Le travail des enfants est aussi en recrudescence. La Tunisie a le mérite d’avoir procédé à une enquête nationale dans ce sens qui a permis de chiffrer la réalité du problème. Seulement depuis il n’y a pas eu de volonté politique pour mettre en place une stratégie multisectorielle pour y faire face. La principale menace identifiée étant l’abandon scolaire, des tentatives sont entreprises pour y remédier mais vu les difficultés du secteur éducatif on ne peut pas encore parler d’une avancée dans ce sens. Le projet « L’école récupère ses enfants » annoncé en grandes pompes n’a pas donné de résultats probants et le ministère de l’éducation ne communique plus sur le sujet. Le projet actuel de « L’école de la deuxième chance » piétine et tarde à voir le jjour malgré de multiples annonces.
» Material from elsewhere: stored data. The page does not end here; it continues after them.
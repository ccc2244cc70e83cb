-- ===== src/Lakehouse/Exporter/Incremental.antt =====
-- incremental_export of lakehouse/exporter.py.
use crypto_streaming_lakehou.Base.{
  ℕ, ◌+◌, ◌≤◌, Exception, String, Bool, true, List, [], ◌∷◌, Try, ok, raised, ◌≡◌, refl, sym, ap,
  ◌∙◌, inl, inr, arith, Try-cases, Bool-cases,
}
use crypto_streaming_lakehou.Lakehouse.Names.{validate_table_name}
use crypto_streaming_lakehou.Lakehouse.Storage.{Storage, Date, Frames, under, count, write_part}
use crypto_streaming_lakehou.Lakehouse.Storage.Counting.{Apart, is_later}
use crypto_streaming_lakehou.Lakehouse.Exporter.{
  Answers, ◌then_do◌, table_path, partition_path, export, newer, newer_scan, incremental_export,
}
use crypto_streaming_lakehou.Lakehouse.Exporter.Writing.{
  stored, export-counts, export-elsewhere, export_adds_none, export_stops_at_second,
}

module _ {Row : Type 0} (frames : Frames Row) (output_path : List String) (table : String) where
  scanned_newer :
      (mark : ℕ) (scan : Try (List Row)) (rows : List Row)
      → newer_scan frames output_path mark scan ≡ ok rows
      → (all : List Row) × (scan ≡ ok all) × (rows ≡ newer frames output_path mark all)
  scanned_newer mark (ok all) rows h = (all, refl, cc)
  scanned_newer mark (raised e) rows h = absurd (cc)

  count-newer_later :
      (mark : ℕ) (p : Row → Bool) (rows : List Row)
      → count p (newer frames output_path mark rows) ≡ count (is_later frames mark p) rows
  unfolding newer
  count-newer_later mark p [] = refl
  count-newer_later mark p (row ∷ rows) = ground (arith, count-newer_later mark p rows)

  -- An incremental export that does not raise adds, to the rows that are stored for the table, the
  -- rows of the scan whose window starts after the mark, each as often, and no others.
  pub incremental_export_appends :
      (mark : ℕ) (a : Answers Row) (s : Storage Row)
      → (incremental_export frames output_path table mark a s).0 ≡ ok tt
      → (rows : List Row) × (a.scan ≡ ok rows)
        × ((p : Row → Bool)
            → count p (
                stored frames output_path table
                  (incremental_export frames output_path table mark a s).1)
              ≡ count p (stored frames output_path table s) + count (is_later frames mark p) rows)
  unfolding incremental_export
  incremental_export_appends mark a s h = elim (Try-cases (validate_table_name table)) [
    | inl (u, e) ↦
        let (new, scanned, counts) =
          export-counts frames output_path table a.to_parquet
            (newer_scan frames output_path mark a.scan) s (rw e at h) in
        let (rows, all, eq) = scanned_newer mark a.scan new scanned in
        (rows, all, λ p. rw (e, sym (count-newer_later mark p rows), sym eq) (counts p))
    | inr (x, e) ↦ absurd (cc)
  ]

  pub incremental_export-elsewhere :
      (at : List String)
      → Apart at (table_path frames output_path table)
      → (mark : ℕ) (a : Answers Row) (s : Storage Row)
      → under at (incremental_export frames output_path table mark a s).1.files ≡ under at s.files
  unfolding incremental_export
  incremental_export-elsewhere at apart mark a s = elim (Try-cases (validate_table_name table)) [
    | inl (u, e) ↦ rw e (export-elsewhere frames output_path table at apart a.to_parquet _ s)
    | inr (x, e) ↦ rw e refl
  ]

  pub count-newer :
      (p : Row → Bool) (mark : ℕ)
      → ((row : Row) → p row ≡ true → frames.window_start row ≤ mark)
      → (rows : List Row) → count p (newer frames output_path mark rows) ≡ 0
  unfolding newer
  count-newer p mark early [] = refl
  count-newer p mark early (row ∷ rows) = elim (Bool-cases (p row)) [
    | inl e ↦ let h = early row e in let ih = count-newer p mark early rows in ground (arith)
    | inr e ↦ let ih = count-newer p mark early rows in ground (arith)
  ]

  -- Rows whose window starts by the mark are not added, whether the export raises or not.
  pub incremental_export_adds_none :
      (p : Row → Bool) (mark : ℕ) (a : Answers Row) (s : Storage Row)
      → ((row : Row) → p row ≡ true → frames.window_start row ≤ mark)
      → count p
          (stored frames output_path table (incremental_export frames output_path table mark a s).1)
        ≡ count p (stored frames output_path table s)
  unfolding incremental_export
  incremental_export_adds_none p mark a s early = elim (Try-cases (validate_table_name table)) [
    | inl (u, e) ↦ rw e (
        export_adds_none frames output_path table p a.to_parquet _ s (λ rows h.
          let (all, scanned, eq) = scanned_newer mark a.scan rows h in
          ap (count p) eq ∙ count-newer p mark early all))
    | inr (x, e) ↦ rw e refl
  ]

  pub incremental_export_stops_at_second :
      (mark : ℕ) (a : Answers Row) (s : Storage Row) (rows : List Row) (row : Row)
      (later : List Row) (g h : Date × List Row) (groups : List (Date × List Row)) (u : Unit {0})
      (e : Exception)
      → validate_table_name table ≡ ok tt
      → a.scan ≡ ok rows
      → newer frames output_path mark rows ≡ row ∷ later
      → frames.groupby (row ∷ later) ≡ g ∷ h ∷ groups
      → a.to_parquet 0 ≡ ok u
      → a.to_parquet 1 ≡ raised e
      → incremental_export frames output_path table mark a s
        ≡ (raised e, write_part (partition_path frames output_path table g.0) g.1 s)
  unfolding incremental_export
  incremental_export_stops_at_second mark a s rows row later g h groups u e valid scanned new split
        wrote failed =
      ap
        (λ v.
          (v, s)
          then_do export frames output_path table a.to_parquet
              (newer_scan frames output_path mark a.scan))
        valid
      ∙ ap
          (λ t.
            export frames output_path table a.to_parquet (newer_scan frames output_path mark t) s)
          scanned
      ∙ ap (λ l. export frames output_path table a.to_parquet (ok l) s) new
      ∙ export_stops_at_second frames output_path table a.to_parquet row later g h groups s u e
          split wrote failed
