-- ===== src/Lakehouse/ExportState/Bookmarks.antt =====
-- What lakehouse/schema.py writes is what lakehouse/export.py reads.
use text.Mathlib.TextEquality.{eq_iff}
use crypto_streaming_lakehou.Base.{
  String, List, [], ◌∷◌, text_eq, if◌then◌else◌, some, ◌≡◌, refl, arith,
}
use crypto_streaming_lakehou.Lakehouse.ExportState.{Checkpoint, upsert, find_mark}

-- An upsert sets the mark of its own table and of no other.
pub find_mark-upsert :
    (table : String) (c : Checkpoint) (rows : List Checkpoint)
    → find_mark table (upsert c rows)
      ≡ (if text_eq c.table_name table then some c.last_exported_at else find_mark table rows)
unfolding find_mark upsert
find_mark-upsert table c [] = refl
find_mark-upsert table c (d ∷ rows) = ground (
  arith,
  find_mark-upsert table c rows,
  eq_iff c.table_name d.table_name,
  eq_iff c.table_name table,
  eq_iff d.table_name table,
)
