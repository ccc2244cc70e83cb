-- ===== src/Lakehouse/Export/Outcomes.antt =====
-- The two ways in which export_table of lakehouse/export.py ends.
use crypto_streaming_lakehou.Base.{
  ℕ, String, true, false, List, [], ◌∷◌, ◌++◌, Option, none, some, Try, ok, raised, ◌≡◌, refl, sym,
  ap, ◌∙◌, subst, ◌⊎◌, inl, inr, Try-cases, Option-cases, Exception, other, ◌>>=◌,
}
use crypto_streaming_lakehou.Lakehouse.Storage.{Storage, Frames, under, read_parquet}
use crypto_streaming_lakehou.Lakehouse.Storage.Counting.{Apart}
use crypto_streaming_lakehou.Lakehouse.Exporter.{table_path, ◌then_do◌}
use crypto_streaming_lakehou.Lakehouse.Exporter.Full.{full_export-elsewhere}
use crypto_streaming_lakehou.Lakehouse.Exporter.Incremental.{incremental_export-elsewhere}
use crypto_streaming_lakehou.Lakehouse.ExportState.{
  Checkpoint, ExportState, upsert, upsert_export_state, find_mark, get_high_water_mark,
}
use crypto_streaming_lakehou.Lakehouse.Uploads.{path_text}
use crypto_streaming_lakehou.Lakehouse.Catalog.{World}
use crypto_streaming_lakehou.Lakehouse.Export.{
  Run, is_ok, on_storage, on_state, with_mark, save_mark, upload_new_files, upload_files,
  export_since, count_exported_rows, try_export,
}

module _ {Row : Type 0} (frames : Frames Row) (base : List String) (table : String) (r : Run Row)
    (w : World Row) where
  -- The export and the bookmark are done, and only the upload may have raised. `rows` is
  -- export_state before.
  pub record Saved (rows : List Checkpoint) (t : Try (Unit {0}) × World Row) : Type 0 where
    pub exported :
        (export_since frames base (find_mark table rows) table r.answers w.storage).0 ≡ ok tt
    pub storage :
        t.1.storage ≡ (export_since frames base (find_mark table rows) table r.answers w.storage).1
    pub checkpoint : Checkpoint
    pub named : checkpoint.table_name ≡ table
    pub at_now : checkpoint.last_exported_at ≡ r.now
    pub state : t.1.export_state ≡ some (upsert checkpoint rows)
    pub views : t.1.views ≡ w.views
    pub uploads :
        (t.0, t.1.uploads)
        ≡ upload_files r.s3
            (path_text base)
            (under (base ++ table ∷ []) t.1.storage.files)
            w.uploads

  -- Something raised before the bookmark was written.
  pub record Unsaved (t : Try (Unit {0}) × World Row) : Type 0 where
    pub raises : is_ok t.0 ≡ false
    pub storage :
        (t.1.storage ≡ w.storage)
        ⊎ ((rows : List Checkpoint) × (w.export_state ≡ some rows)
            × (t.1.storage
                ≡ (export_since frames base (find_mark table rows) table r.answers w.storage).1))
    pub state : t.1.export_state ≡ w.export_state
    pub views : t.1.views ≡ w.views
    pub uploads : t.1.uploads ≡ w.uploads

  Unsaved-at_once : (e : Exception) → Unsaved (raised e, w)
  Unsaved-at_once e = record {
    raises = refl;
    storage = inl refl;
    state = refl;
    views = refl;
    uploads = refl;
  }

  abbrev pub Ends : Try (Unit {0}) × World Row → Type 0
  Ends t = ((rows : List Checkpoint) × (w.export_state ≡ some rows) × Saved rows t) ⊎ Unsaved t

  -- export_table from the mark on.
  abbrev from_mark : Option ℕ → Try (Unit {0}) × World Row
  from_mark mark =
      on_storage (export_since frames base mark table r.answers w.storage) w
      then_do save_mark frames base table r
      then_do upload_new_files r.s3 base table

  -- export_table from a storage on.
  abbrev from_storage : Storage Row → Try (Unit {0}) → Try (Unit {0}) × World Row
  from_storage s t =
      (t, record w { storage = s })
      then_do save_mark frames base table r
      then_do upload_new_files r.s3 base table

  from_state : Storage Row → Try ExportState → Try (Unit {0}) × World Row
  from_state s t = on_state t (record w { storage = s }) then_do upload_new_files r.s3 base table

  abbrev bookmark : Storage Row → Checkpoint
  bookmark s = record {
    table_name = table;
    last_exported_at = r.now;
    rows_exported =
        count_exported_rows r.count_query (read_parquet (table_path frames base table) s.files);
  }

  saved :
      (rows : List Checkpoint)
      → let x = export_since frames base (find_mark table rows) table r.answers w.storage in
        x.0 ≡ ok tt → Saved rows (from_state x.1 (ok (some (upsert (bookmark x.1) rows))))
  unfolding from_state
  saved rows exported = record {
    exported = exported;
    storage = refl;
    checkpoint =
        bookmark (export_since frames base (find_mark table rows) table r.answers w.storage).1;
    named = refl;
    at_now = refl;
    state = refl;
    views = refl;
    uploads = refl;
  }

  unsaved :
      (rows : List Checkpoint) (e : Exception)
      → w.export_state ≡ some rows
      → let x = export_since frames base (find_mark table rows) table r.answers w.storage in
        Unsaved (raised e, record w { storage = x.1 })
  unsaved rows e state = record {
    raises = refl;
    storage = inr (rows, state, refl);
    state = refl;
    views = refl;
    uploads = refl;
  }

upserted :
    (execute : Try (Unit {0})) (table : String) (now n : ℕ) (state : ExportState)
    (rows : List Checkpoint)
    → state ≡ some rows
    → upsert_export_state execute table record { micros = now; is_aware = true } n state
      ≡ execute >>= (λ _. ok (
          some
            (upsert record { table_name = table; last_exported_at = now; rows_exported = n } rows)))
unfolding upsert_export_state
upserted (ok u) table now n state rows h = rw h refl
upserted (raised e) table now n state rows h = refl

mark_read :
    (execute : Try (Unit {0})) (table : String) (state : ExportState) (rows : List Checkpoint)
    → state ≡ some rows
    → get_high_water_mark execute table state ≡ execute >>= (λ _. ok (find_mark table rows))
unfolding get_high_water_mark
mark_read (ok u) table state rows h = rw h refl
mark_read (raised e) table state rows h = refl

no_mark :
    (execute : Try (Unit {0})) (table : String) (state : ExportState)
    → state ≡ none
    → (e : Exception) × (get_high_water_mark execute table state ≡ raised e)
unfolding get_high_water_mark
no_mark (ok u) table state h = (other, rw h refl)
no_mark (raised e) table state h = (e, refl)

module _ {Row : Type 0} (frames : Frames Row) (base : List String) (table : String) (r : Run Row)
    (w : World Row) where
  after_upsert :
      (rows : List Checkpoint)
      → w.export_state ≡ some rows
      → let x = export_since frames base (find_mark table rows) table r.answers w.storage in
        x.0 ≡ ok tt
        → (execute : Try (Unit {0}))
        → Ends frames base table r w (
            from_state frames base table r w x.1
              (execute >>= (λ _. ok (some (upsert (bookmark frames base table r w x.1) rows)))))
  unfolding from_state
  after_upsert rows state exported (ok u) =
      inl (rows, state, saved frames base table r w rows exported)
  after_upsert rows state exported (raised e) = inr (unsaved frames base table r w rows e state)

  from_mark-Ends :
      (rows : List Checkpoint)
      → w.export_state ≡ some rows
      → Ends frames base table r w (from_mark frames base table r w (find_mark table rows))
  from_mark-Ends rows state =
      let x = export_since frames base (find_mark table rows) table r.answers w.storage in
      elim (Try-cases x.0) [
        | inr (e, failed) ↦
            subst (Ends frames base table r w)
              (sym (ap (from_storage frames base table r w x.1) failed))
              (inr (unsaved frames base table r w rows e state))
        | inl (u, exported) ↦
            let step : from_mark frames base table r w (find_mark table rows)
                ≡ from_state frames base table r w x.1 (
                    r.upsert
                    >>= (λ _. ok (some (upsert (bookmark frames base table r w x.1) rows)))) =
              ap (from_storage frames base table r w x.1) exported
              ∙ unfold from_state in
                ap (from_state frames base table r w x.1)
                  (upserted r.upsert table r.now _ w.export_state rows state) in
            subst (Ends frames base table r w) (sym step)
              (after_upsert rows state exported r.upsert)
      ]

  after_select :
      (rows : List Checkpoint)
      → w.export_state ≡ some rows
      → (execute : Try (Unit {0}))
      → Ends frames base table r w (
          with_mark
            (execute >>= (λ _. ok (find_mark table rows)))
            w
            (from_mark frames base table r w))
  after_select rows state (ok u) = from_mark-Ends rows state
  after_select rows state (raised e) = inr (Unsaved-at_once frames base table r w e)

  pub try_export-Ends : Ends frames base table r w (try_export frames base table r w)
  unfolding try_export
  try_export-Ends = elim (Option-cases w.export_state) [
    | inl missing ↦
        let (e, h) = no_mark r.select table w.export_state missing in
        subst (Ends frames base table r w)
          (sym (ap (λ m. with_mark m w (from_mark frames base table r w)) h))
          (inr (Unsaved-at_once frames base table r w e))
    | inr (rows, state) ↦
        subst (Ends frames base table r w)
          (sym (
            ap (λ m. with_mark m w (from_mark frames base table r w))
              (mark_read r.select table w.export_state rows state)))
          (after_select rows state r.select)
  ]

  -- If the exporter raises, only the files that it wrote remain.
  pub try_export_raises :
      (u : Unit {0}) (rows : List Checkpoint) (e : Exception)
      → w.export_state ≡ some rows
      → r.select ≡ ok u
      → let x = export_since frames base (find_mark table rows) table r.answers w.storage in
        x.0 ≡ raised e → try_export frames base table r w ≡ (raised e, record w { storage = x.1 })
  unfolding try_export
  try_export_raises u rows e state selected failed =
      let x = export_since frames base (find_mark table rows) table r.answers w.storage in
      let read =
        mark_read r.select table w.export_state rows state
        ∙ ap (λ t. t >>= (λ _. ok (find_mark table rows))) selected in
      ap (λ m. with_mark m w (from_mark frames base table r w)) read
      ∙ ap (from_storage frames base table r w x.1) failed

  pub export_since-elsewhere :
      (at : List String)
      → Apart at (table_path frames base table)
      → (mark : Option ℕ) (s : Storage Row)
      → under at (export_since frames base mark table r.answers s).1.files ≡ under at s.files
  export_since-elsewhere at apart none s =
      full_export-elsewhere frames base table at apart r.answers s
  export_since-elsewhere at apart (some mark) s =
      incremental_export-elsewhere frames base table at apart mark r.answers s

  -- Whatever happens, files outside of the table's tree stay as they are.
  pub try_export-elsewhere :
      (at : List String)
      → Apart at (table_path frames base table)
      → under at (try_export frames base table r w).1.storage.files ≡ under at w.storage.files
  try_export-elsewhere at apart = elim try_export-Ends [
    | inl (rows, state, e) ↦
        ap (λ s. under at s.files) e.storage
        ∙ export_since-elsewhere at apart (find_mark table rows) w.storage
    | inr e ↦ elim e.storage [
      | inl same ↦ ap (λ s. under at s.files) same
      | inr (rows, state, h) ↦
          ap (λ s. under at s.files) h
          ∙ export_since-elsewhere at apart (find_mark table rows) w.storage
    ]
  ]
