-- ===== src/Lakehouse/Export/Bookmarks.antt =====
-- What export_table of lakehouse/export.py promises of one table.
use crypto_streaming_lakehou.Base.{
  ℕ, ◌+◌, String, Bool, true, false, List, [], ◌∷◌, ◌++◌, if◌then◌else◌, Option, none, some, Try,
  ok, raised, ◌≡◌, refl, sym, ap, ◌∙◌, ◌⊎◌, inl, inr, Try-cases, Option-cases, Bool-cases, eq_refl,
  text_eq, ◌≢◌, arith,
}
use text.Mathlib.TextEquality.{eq_iff}
use crypto_streaming_lakehou.Lakehouse.Storage.{File, Storage, Frames, under, count}
use crypto_streaming_lakehou.Lakehouse.Storage.Counting.{tables-Apart, is_later}
use crypto_streaming_lakehou.Lakehouse.Exporter.{Answers, table_path, ◌then_do◌}
use crypto_streaming_lakehou.Lakehouse.Exporter.Writing.{stored}
use crypto_streaming_lakehou.Lakehouse.Exporter.Full.{full_export_replaces}
use crypto_streaming_lakehou.Lakehouse.Exporter.Incremental.{incremental_export_appends}
use crypto_streaming_lakehou.Lakehouse.ExportState.{Checkpoint, ExportState, find_mark}
use crypto_streaming_lakehou.Lakehouse.ExportState.Bookmarks.{find_mark-upsert}
use crypto_streaming_lakehou.Lakehouse.Uploads.{Upload, S3, upload_file_to_s3, path_text}
use crypto_streaming_lakehou.Lakehouse.Catalog.{World, is_placeholder}
use crypto_streaming_lakehou.Lakehouse.Export.{
  Run, is_ok, upload_files, export_since, try_export, export_table,
}
use crypto_streaming_lakehou.Lakehouse.Export.Outcomes.{
  Saved, try_export-Ends, try_export-elsewhere,
}

false≢true : false ≡ true → ⊥
false≢true h = cc

-- The mark of a table, none also where export_state is missing.
abbrev pub mark_in : ExportState → String → Option ℕ
mark_in none t = none
mark_in (some rows) t = find_mark t rows

module _ {Row : Type 0} (frames : Frames Row) (base : List String) (table : String) where
  -- How often a row with the property is stored after an export that saw the rows `scan`.
  abbrev pub count_after : Option ℕ → (Row → Bool) → List Row → List Row → ℕ
  count_after none p old scan = count p scan
  count_after (some mark) p old scan = count p old + count (is_later frames mark p) scan

  pub export_since-counts :
      (mark : Option ℕ) (a : Answers Row) (s : Storage Row)
      → (export_since frames base mark table a s).0 ≡ ok tt
      → (rows : List Row) × (a.scan ≡ ok rows)
        × ((p : Row → Bool)
            → count p (stored frames base table (export_since frames base mark table a s).1)
              ≡ count_after mark p (stored frames base table s) rows)
  export_since-counts none a s h = full_export_replaces frames base table a s h
  export_since-counts (some mark) a s h = incremental_export_appends frames base table mark a s h

  -- The table is exported and its mark is the time of the export.
  pub record IsExported (r : Run Row) (w w' : World Row) : Type 0 where
    pub scanned : List Row
    pub scan : r.answers.scan ≡ ok scanned
    pub counts :
        (p : Row → Bool)
        → count p (stored frames base table w'.storage)
          ≡ count_after
              (mark_in w.export_state table)
              p
              (stored frames base table w.storage)
              scanned
    pub marked : mark_in w'.export_state table ≡ some r.now

  pub Saved-IsExported :
      (r : Run Row) (w : World Row) (rows : List Checkpoint) (t : Try (Unit {0}) × World Row)
      → w.export_state ≡ some rows
      → Saved frames base table r w rows t
      → IsExported r w t.1
  Saved-IsExported r w rows t state s =
      let (scanned, scan, counts) =
        export_since-counts (find_mark table rows) r.answers w.storage s.exported in
      record {
        scanned = scanned;
        scan = scan;
        counts = λ p.
            ap (λ x. count p (stored frames base table x)) s.storage
            ∙ counts p
            ∙ ap (λ x. count_after (mark_in x table) p (stored frames base table w.storage) scanned)
                (sym state);
        marked =
            ap (λ x. mark_in x table) s.state
            ∙ find_mark-upsert table s.checkpoint rows
            ∙ ap
                (λ n.
                  if text_eq n table
                  then some s.checkpoint.last_exported_at
                  else find_mark table rows)
                s.named
            ∙ rw (eq_refl table) (ap some s.at_now);
      }

  then_do-is_ok :
      {S : Type 0} (x : Try (Unit {0}) × S) (f : S → Try (Unit {0}) × S)
      → is_ok x.0 ≡ true
      → ((s : S) → is_ok (f s).0 ≡ true)
      → is_ok (x then_do f).0 ≡ true
  then_do-is_ok (ok u, s) f h k = k s
  then_do-is_ok (raised e, s) f h k = cc

  upload_file-is_ok :
      (s3 : S3) (local_path b : String) (uploads : List Upload)
      → is_ok s3.client ≡ true
      → is_ok (upload_file_to_s3 s3 local_path b uploads).0 ≡ true
  unfolding upload_file_to_s3
  upload_file-is_ok s3 local_path b uploads h = elim (Try-cases s3.client) [
    | inl (u, e) ↦ elim (Option-cases s3.bucket) [
      | inl n ↦ ground (arith)
      | inr (bucket, n) ↦ ground (arith)
    ]
    | inr (x, e) ↦ absurd (ground (arith))
  ]

  upload_files-is_ok :
      (s3 : S3) (b : String) (files : List (File Row)) (uploads : List Upload)
      → is_ok s3.client ≡ true
      → is_ok (upload_files s3 b files uploads).0 ≡ true
  unfolding upload_files
  upload_files-is_ok s3 b [] uploads h = refl
  upload_files-is_ok s3 b (f ∷ files) uploads h =
      then_do-is_ok _ _
        (elim (Bool-cases (is_placeholder f.name)) [
          | inl e ↦ rw e refl
          | inr e ↦ rw e (upload_file-is_ok s3 _ b uploads h)
        ])
        (λ ups. upload_files-is_ok s3 b files ups h)

  -- A call of export_table ends in one of three ways. It reports success, the files of the table
  -- have gained what the scan showed (all of its rows in a first export, in place of what was
  -- stored, and the rows after the mark in a later one) and the mark is the time of the export; or
  -- it has done all of this, and boto3.client raised; or it reports failure and export_state is as
  -- it was.
  pub export_table-moves_mark :
      (r : Run Row) (w : World Row)
      → let e = export_table frames base table r w in
        ((e.0 ≡ true) × IsExported r w e.1)
        ⊎ ((e.0 ≡ false) × IsExported r w e.1 × (is_ok r.s3.client ≡ false))
        ⊎ ((e.0 ≡ false) × (e.1.export_state ≡ w.export_state))
  unfolding export_table
  export_table-moves_mark r w = elim (try_export-Ends frames base table r w) [
    | inl (rows, state, s) ↦
        let done = Saved-IsExported r w rows (try_export frames base table r w) state s in
        elim (Bool-cases (is_ok (try_export frames base table r w).0)) [
          | inl e ↦ inl (e, done)
          | inr e ↦ elim (Bool-cases (is_ok r.s3.client)) [
            | inl c ↦
                let h =
                  upload_files-is_ok r.s3 (path_text base)
                    (under (base ++ table ∷ []) (try_export frames base table r w).1.storage.files)
                    w.uploads c in
                absurd (false≢true (sym e ∙ ap (λ x. is_ok x.0) s.uploads ∙ h))
            | inr c ↦ inr (inl (e, done, c))
          ]
        ]
    | inr u ↦ inr (inr (u.raises, u.state))
  ]

  Saved-other_mark :
      (other : String) (r : Run Row) (w : World Row) (rows : List Checkpoint)
      (t : Try (Unit {0}) × World Row)
      → table ≢ other
      → w.export_state ≡ some rows
      → Saved frames base table r w rows t
      → mark_in t.1.export_state other ≡ mark_in w.export_state other
  Saved-other_mark other r w rows t differs state s =
      let distinct : text_eq s.checkpoint.table_name other ≡ false =
        elim (Bool-cases (text_eq s.checkpoint.table_name other)) [
          | inl e ↦ absurd (differs (sym s.named ∙ (eq_iff s.checkpoint.table_name other).0 e))
          | inr e ↦ e
        ] in
      ap (λ x. mark_in x other) s.state
      ∙ find_mark-upsert other s.checkpoint rows
      ∙ rw distinct (ap (λ x. mark_in x other) (sym state))

  -- Whatever happens in the export of one table, every other table keeps its files and its mark.
  pub export_table-elsewhere :
      (other : String) (r : Run Row) (w : World Row)
      → table ≢ other
      → let w' = (export_table frames base table r w).1 in
        (under (table_path frames base other) w'.storage.files
          ≡ under (table_path frames base other) w.storage.files)
        × (mark_in w'.export_state other ≡ mark_in w.export_state other)
  unfolding export_table
  export_table-elsewhere other r w differs = (
    try_export-elsewhere frames base table r w _
        (tables-Apart other table base (λ e. differs (sym e))),
    elim (try_export-Ends frames base table r w) [
      | inl (rows, state, s) ↦
          Saved-other_mark other r w rows (try_export frames base table r w) differs state s
      | inr u ↦ ap (λ x. mark_in x other) u.state
    ],
  )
La crise sanitaire aggrave la situation avec l’interruption prolongée des apprentissages et les solutions discriminantes et partielles que l’état met en place.
Les inégalités :
Les dernières statistiques publiées par l’INS sur la pauvreté, montre la persistance des mêmes inégalités régionales avec une accentuation des différences et les mêmes inégalité dans chaque région entre des quartiers privilégiés et des zones urbaines à fortes concentration humaines mais dépourvues de services publiques de qualité.
Conclusion :
Entre l’intérêt porté à l’enfant et l’intérêt supérieur de l’enfant il y a toutes les hésitations d’une société en mutation. Une confusion entre démocratisation et islamisation, entre participation, inclusion et exclusion qui prolongent une phase transitionnelle générant une instabilité politique. A la crise sociale a succédé une crise économique aggravée par la crise sanitaire. Le secteur de l’enfance est un secteur dont les enjeux stratégiques ne font pas l’objet d’un consensus sociétal, connais un marasme évident avec une détérioration de tous les indicateurs mettant en péril les acquis de notre jeune démocratie.